» **Problem**
Write out the data below exactly, beginning with the first line and ending once the line that has "email = email;" is written.

» **Records drawn from a dataset**
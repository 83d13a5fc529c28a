-- ===== src/Store/User.antt =====
-- internal/store/user/user.go
pub mod Erase
use jeffrey_s_agenda_tool.Prelude.{
  Text, text_eq, Option, none, some, [], ◌∷◌, ◌++◌, any, find, keep, length, update_where,
  if◌then◌else◌,
}
use jeffrey_s_agenda_tool.Domain.{Uuid, Time, User}
use jeffrey_s_agenda_tool.Database.{
  ok, err, unique_violation, user_not_found, nothing_deleted, Statement, user_has,
}
use jeffrey_s_agenda_tool.Database.Cascade.{delete_user_row}
use jeffrey_s_agenda_tool.Action.{Env, Action, pure, attempt, query, ◌>>=◌}
use jeffrey_s_agenda_tool.Store.Sql.{select_row, exec, or_missing, require_rows}

abbrev pub new_user : Time → Uuid → Text → Text → User
new_user now id email name = record {
  id = id;
  created_at = now;
  updated_at = now;
  email = email;
  name = some name;
}

abbrev pub rename : Text → User → User
rename name u = record u { name = some name }

-- INSERT ... ON CONFLICT (email) DO UPDATE SET name = EXCLUDED.name, by the row in conflict.
unfoldable pub upsert_at : Option User → Text → Text → Statement User
upsert_at (some u) email name now id db = ok (
  rename name u,
  record db { users = update_where (λ v. text_eq v.email email) (rename name) db.users },
)
upsert_at none email name now id db =
    if any (user_has id) db.users
    then err unique_violation
    else ok (
      new_user now id email name,
      record db { users = db.users ++ new_user now id email name ∷ [] },
    )

unfoldable pub upsert_user : Text → Text → Statement User
unfolding upsert_at
upsert_user email name now id db =
    upsert_at (find (λ v. text_eq v.email email) db.users) email name now id db

module _ (env : Env) where
  unfoldable pub create_user : Text → Text → Action User
  create_user email name = query env (upsert_user email name)

  unfoldable pub get_user_by_id : Uuid → Action User
  get_user_by_id k =
      attempt (query env (select_row (λ db. find (user_has k) db.users)))
        (or_missing user_not_found) pure

  unfoldable pub delete_user : Uuid → Action (Unit {0})
  delete_user k = do
    n ← query env (exec (λ db. length (keep (user_has k) db.users)) (λ now. delete_user_row k))
    require_rows nothing_deleted n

» **Solution to this problem**
repository 83d13a5fc529c28a
-- ===== src/Store/User.antt =====
-- internal/store/user/user.go
pub mod Erase
use jeffrey_s_agenda_tool.Prelude.{
  Text, text_eq, Option, none, some, [], ◌∷◌, ◌++◌, any, find, keep, length, update_where,
  if◌then◌else◌,
}
use jeffrey_s_agenda_tool.Domain.{Uuid, Time, User}
use jeffrey_s_agenda_tool.Database.{
  ok, err, unique_violation, user_not_found, nothing_deleted, Statement, user_has,
}
use jeffrey_s_agenda_tool.Database.Cascade.{delete_user_row}
use jeffrey_s_agenda_tool.Action.{Env, Action, pure, attempt, query, ◌>>=◌}
use jeffrey_s_agenda_tool.Store.Sql.{select_row, exec, or_missing, require_rows}

abbrev pub new_user : Time → Uuid → Text → Text → User
new_user now id email name = record {
  id = id;
  created_at = now;
  updated_at = now;
  email = email;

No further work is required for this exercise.